Sometimes you need help to reach
Helping you get there—to get deep—is what workshopping groups are supposed to do (and what mine did for me last month at the conference). Each member of our group provided me an outside viewpoint that woke me to new words I couldn’t get to before. For me, reaching for words alone is like sticking my arm in a hole in the ground that’s only three-inches deeper than the length of my arm and my fingers are wriggling and stretching to try to pick up words lying there like a pile of plastic red, blue and yellow Pick Up Monkeys I played with as a kid—monkeys with their arms curved like hooks so they can link one to another in a long monkey chain. But my arm isn’t long enough and I can’t reach the monkeys. I know they’re there but they’re just out of reach. If I could just get one of them I could grab the rest of the pile. So I lie there on the ground with my arm stretched out as long as I can muster and wriggle and wriggle my fingers in hopes of grasping a word that will link to another and another in a long chain. I usually give up and just move on. But a workshopping group doesn’t let you move on.
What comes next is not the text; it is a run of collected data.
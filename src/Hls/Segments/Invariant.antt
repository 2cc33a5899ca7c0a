-- ===== src/Hls/Segments/Invariant.antt =====
-- hls.rs, the segment store: the buckets stay sorted and the running byte total stays exact.
use sentinel_command.Prelude.{
  ℕ, ◌<◌, le_or_lt, ◌+◌, ◌-◌, ◌≤◌, ◌≡◌, refl, ap, ◌∙◌, false, [], ◌∷◌, Option, none, some, length,
  take, drop, zero, suc, leb, if◌then◌else◌, arith, Option-cases, inl, inr,
}
use sentinel_command.Prelude.Int.{ℤ, pos, pos_sub, int_laws}
use sentinel_command.Interfaces.{◌==◌}
use sentinel_command.Text.{Text, text_eq, text_beq_iff}
use sentinel_command.Assoc.{Assoc, total, measured, Distinct, AllValues}
use sentinel_command.Assoc
use sentinel_command.Assoc.Laws as AssocLaws
use sentinel_command.OrdMap.{Sorted}
use sentinel_command.OrdMap
use sentinel_command.OrdMap.Laws as OrdLaws
use sentinel_command.Hls.SegmentName.{SegmentName, segment_order}
use sentinel_command.Hls.Segments.{
  Bytes, Segment, Bucket, SegmentStore, or_default, body_len, bucket_bytes, drop_names, keys,
  evict_per_camera, insert_segment,
}

abbrev pub SortedBucket : Bucket → Type 0
SortedBucket = Sorted segment_order

pub record IsConsistent (store : SegmentStore) : Type 0 where
  pub distinct : Distinct store.cameras
  pub sorted : AllValues SortedBucket store.cameras
  pub counted : store.byte_total ≡ pos (total bucket_bytes store.cameras)

pub or_default-Sorted :
    (camera_id : Text) (cameras : Assoc Text Bucket)
    → AllValues SortedBucket cameras
    → SortedBucket (or_default (Assoc.get camera_id cameras))
or_default-Sorted camera_id cameras a = elim (Option-cases (Assoc.get camera_id cameras)) [
  | inl e ↦ rw e tt
  | inr (bucket, e) ↦ rw e (AssocLaws.get-AllValues SortedBucket camera_id bucket cameras a e)
]

-- What a camera's bucket weighs, present or not.
pub measured-or_default :
    (o : Option Bucket) → measured bucket_bytes o ≡ bucket_bytes (or_default o)
unfolding total
measured-or_default none = refl
measured-or_default (some bucket) = refl

-- The byte count of a store after a bucket is put into it.
pub put_bucket_bytes :
    (camera_id : Text) (bucket : Bucket) (cameras : Assoc Text Bucket)
    → total bucket_bytes (Assoc.insert camera_id bucket cameras)
        + bucket_bytes (or_default (Assoc.get camera_id cameras))
      ≡ total bucket_bytes cameras + bucket_bytes bucket
put_bucket_bytes camera_id bucket cameras =
    rw (← measured-or_default (Assoc.get camera_id cameras))
      (AssocLaws.total-insert bucket_bytes camera_id bucket cameras)

insert_segment-counted :
    (store : SegmentStore) (camera_id : Text) (filename : SegmentName) (body : Bytes) (now : ℕ)
    → IsConsistent store
    → (insert_segment store camera_id filename body now).byte_total
      ≡ pos (total bucket_bytes (insert_segment store camera_id filename body now).cameras)
unfolding insert_segment
insert_segment-counted store camera_id filename body now v =
    let bucket = or_default (Assoc.get camera_id store.cameras) in
    let new_bytes = OrdLaws.total-insert segment_order body_len filename (body, now) bucket in
    let new_total =
      put_bucket_bytes camera_id (OrdMap.insert segment_order filename (body, now) bucket)
        store.cameras in
    elim (Option-cases (OrdMap.get segment_order filename bucket)) [
      | inl e ↦ rw (e, v.counted) (omega (int_laws, new_total, rw e at new_bytes))
      | inr (old, e) ↦ rw (e, v.counted) (omega (int_laws, new_total, rw e at new_bytes))
    ]

pub insert_segment-IsConsistent :
    (store : SegmentStore) (camera_id : Text) (filename : SegmentName) (body : Bytes) (now : ℕ)
    → IsConsistent store
    → IsConsistent (insert_segment store camera_id filename body now)
unfolding insert_segment
insert_segment-IsConsistent store camera_id filename body now v = record {
  distinct = AssocLaws.insert-Distinct camera_id _ store.cameras v.distinct;
  sorted =
      AssocLaws.insert-AllValues SortedBucket camera_id _ store.cameras
        (OrdLaws.insert-Sorted segment_order filename (body, now) _
          (or_default-Sorted camera_id store.cameras v.sorted))
        v.sorted;
  counted = insert_segment-counted store camera_id filename body now v;
}

remove_head :
    (filename : SegmentName) (segment : Segment) (bucket : Bucket)
    → OrdMap.remove segment_order filename ((filename, segment) ∷ bucket) ≡ bucket
unfolding OrdMap.remove
remove_head filename segment bucket = ground (arith, OrdLaws.cmp_refl segment_order filename)

get_head :
    (filename : SegmentName) (segment : Segment) (bucket : Bucket)
    → OrdMap.get segment_order filename ((filename, segment) ∷ bucket) ≡ some segment
unfolding OrdMap.get
get_head filename segment bucket = ground (arith, OrdLaws.cmp_refl segment_order filename)

-- The doomed names are those of the first entries, and exactly their bytes leave the total.
pub drop_names_lem :
    (n : ℕ) (bucket : Bucket) (bytes : ℕ)
    → bucket_bytes bucket ≤ bytes
    → drop_names (take n (keys bucket)) bucket (pos bytes)
      ≡ (drop n bucket, pos (bytes - bucket_bytes bucket + bucket_bytes (drop n bucket)))
unfolding drop_names total
drop_names_lem zero bucket bytes h = ground arith
drop_names_lem (suc n) [] bytes h = ground arith
drop_names_lem (suc n) ((filename, segment) ∷ bucket) bytes h =
    rw
      (
        remove_head filename segment bucket,
        get_head filename segment bucket,
        pos_sub bytes (body_len segment) (omega arith),
      )
      (drop_names_lem n bucket (bytes - body_len segment) (omega arith)
        ∙ ap (λ (t : ℕ). (drop n bucket, pos (t + bucket_bytes (drop n bucket)))) (omega arith))

bucket-le-total :
    (camera_id : Text) (bucket : Bucket) (cameras : Assoc Text Bucket)
    → Assoc.get camera_id cameras ≡ some bucket
    → bucket_bytes bucket ≤ total bucket_bytes cameras
bucket-le-total camera_id bucket cameras e =
    rw e at (AssocLaws.measured-le-total bucket_bytes camera_id cameras)

pub evict_fitting :
    (store : SegmentStore) (camera_id : Text) (max_per_camera : ℕ)
    → length (or_default (Assoc.get camera_id store.cameras)) ≤ max_per_camera
    → evict_per_camera store camera_id max_per_camera ≡ store
unfolding evict_per_camera
evict_fitting store camera_id max_per_camera h = ground arith

-- The store after the pass over a bucket that is too long.
pub evict_over :
    (store : SegmentStore) (camera_id : Text) (max_per_camera : ℕ) (bucket : Bucket)
    → IsConsistent store
    → Assoc.get camera_id store.cameras ≡ some bucket
    → max_per_camera < length bucket
    → let newest = drop (length bucket - max_per_camera) bucket in
      evict_per_camera store camera_id max_per_camera ≡ record {
        cameras = Assoc.insert camera_id newest store.cameras;
        byte_total =
            pos (total bucket_bytes store.cameras - bucket_bytes bucket + bucket_bytes newest);
      }
unfolding evict_per_camera
evict_over store camera_id max_per_camera bucket v e h =
    let over : leb (length bucket) max_per_camera ≡ false = ground arith in
    rw (e, evict_per_camera)
      (rw (over, v.counted)
        (ap
          (λ (p : Bucket × ℤ). record {
            cameras = Assoc.insert camera_id p.0 store.cameras;
            byte_total = p.1;
          })
          (drop_names_lem (length bucket - max_per_camera) bucket _
            (bucket-le-total camera_id bucket store.cameras e))))

evict_over-IsConsistent :
    (store : SegmentStore) (camera_id : Text) (max_per_camera : ℕ) (bucket : Bucket)
    → IsConsistent store
    → Assoc.get camera_id store.cameras ≡ some bucket
    → max_per_camera < length bucket
    → IsConsistent (evict_per_camera store camera_id max_per_camera)
evict_over-IsConsistent store camera_id max_per_camera bucket v e h =
    let newest = drop (length bucket - max_per_camera) bucket in
    rw (evict_over store camera_id max_per_camera bucket v e h) (record {
      distinct = AssocLaws.insert-Distinct camera_id newest store.cameras v.distinct;
      sorted =
          AssocLaws.insert-AllValues SortedBucket camera_id newest store.cameras
            (OrdLaws.drop-Sorted segment_order _ bucket
              (AssocLaws.get-AllValues SortedBucket camera_id bucket store.cameras v.sorted e))
            v.sorted;
      counted = ap pos (
          omega (
            arith,
            rw e at (put_bucket_bytes camera_id newest store.cameras),
            bucket-le-total camera_id bucket store.cameras e,
          ));
    })

pub evict_per_camera-IsConsistent :
    (store : SegmentStore) (camera_id : Text) (max_per_camera : ℕ)
    → IsConsistent store
    → IsConsistent (evict_per_camera store camera_id max_per_camera)
evict_per_camera-IsConsistent store camera_id max_per_camera v =
    elim (Option-cases (Assoc.get camera_id store.cameras)) [
      | inl e ↦ rw (evict_fitting store camera_id max_per_camera (rw e (omega arith))) v
      | inr (bucket, e) ↦ elim (le_or_lt (length bucket) max_per_camera) [
        | inl fits ↦ rw (evict_fitting store camera_id max_per_camera (rw e fits)) v
        | inr over ↦ evict_over-IsConsistent store camera_id max_per_camera bucket v e over
      ]
    ]

-- After the per-camera pass the camera keeps exactly its newest `max_per_camera` segments, the
-- last of its bucket in sequence order, and every other camera keeps its bucket.
pub get-evict_per_camera :
    (store : SegmentStore) (camera_id other : Text) (max_per_camera : ℕ) (bucket : Bucket)
    → IsConsistent store
    → Assoc.get camera_id store.cameras ≡ some bucket
    → Assoc.get other (evict_per_camera store camera_id max_per_camera).cameras ≡ (
        if camera_id == other
        then some (drop (length bucket - max_per_camera) bucket)
        else Assoc.get other store.cameras)
get-evict_per_camera store camera_id other max_per_camera bucket v e =
    elim (le_or_lt (length bucket) max_per_camera) [
      | inl fits ↦ rw (evict_fitting store camera_id max_per_camera (rw e fits)) (
          ground (
            arith,
            drop_none fits,
            text_beq_iff camera_id other,
            ap (λ (c : Text). Assoc.get c store.cameras),
          ))
      | inr over ↦
          rw (evict_over store camera_id max_per_camera bucket v e over)
            (AssocLaws.get-insert camera_id other _ store.cameras)
    ]
  where
    drop_none :
        length bucket ≤ max_per_camera → drop (length bucket - max_per_camera) bucket ≡ bucket
    drop_none fits = let z : length bucket - max_per_camera ≡ 0 = omega arith in rw z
Words are often unreachable and for me, it takes others to help me reach a little further even if it’s painful. That’s the joy of workshopping—you get to where you need to be, even if it does make you cry a little. Just because time has passed doesn’t make visiting the past any easier. Getting to the right words takes time, patience, a long arm, some great folks to provide feedback to point you in the right direction, and maybe some tissues.
But next year I’m not going to make such a rookie mistake. Maybe I’ll save the deeply emotional pieces for one-on-one feedback, so if I cry it won’t feel the need to be so apologetic about my tears.
I think next time I’ll just bring an essay about birds.
Do you ever struggle for words when you write? How do you break through that? And have you ever workshopped a piece that brought you to tears? (Because if you have, that would make me feel a whole lot better.)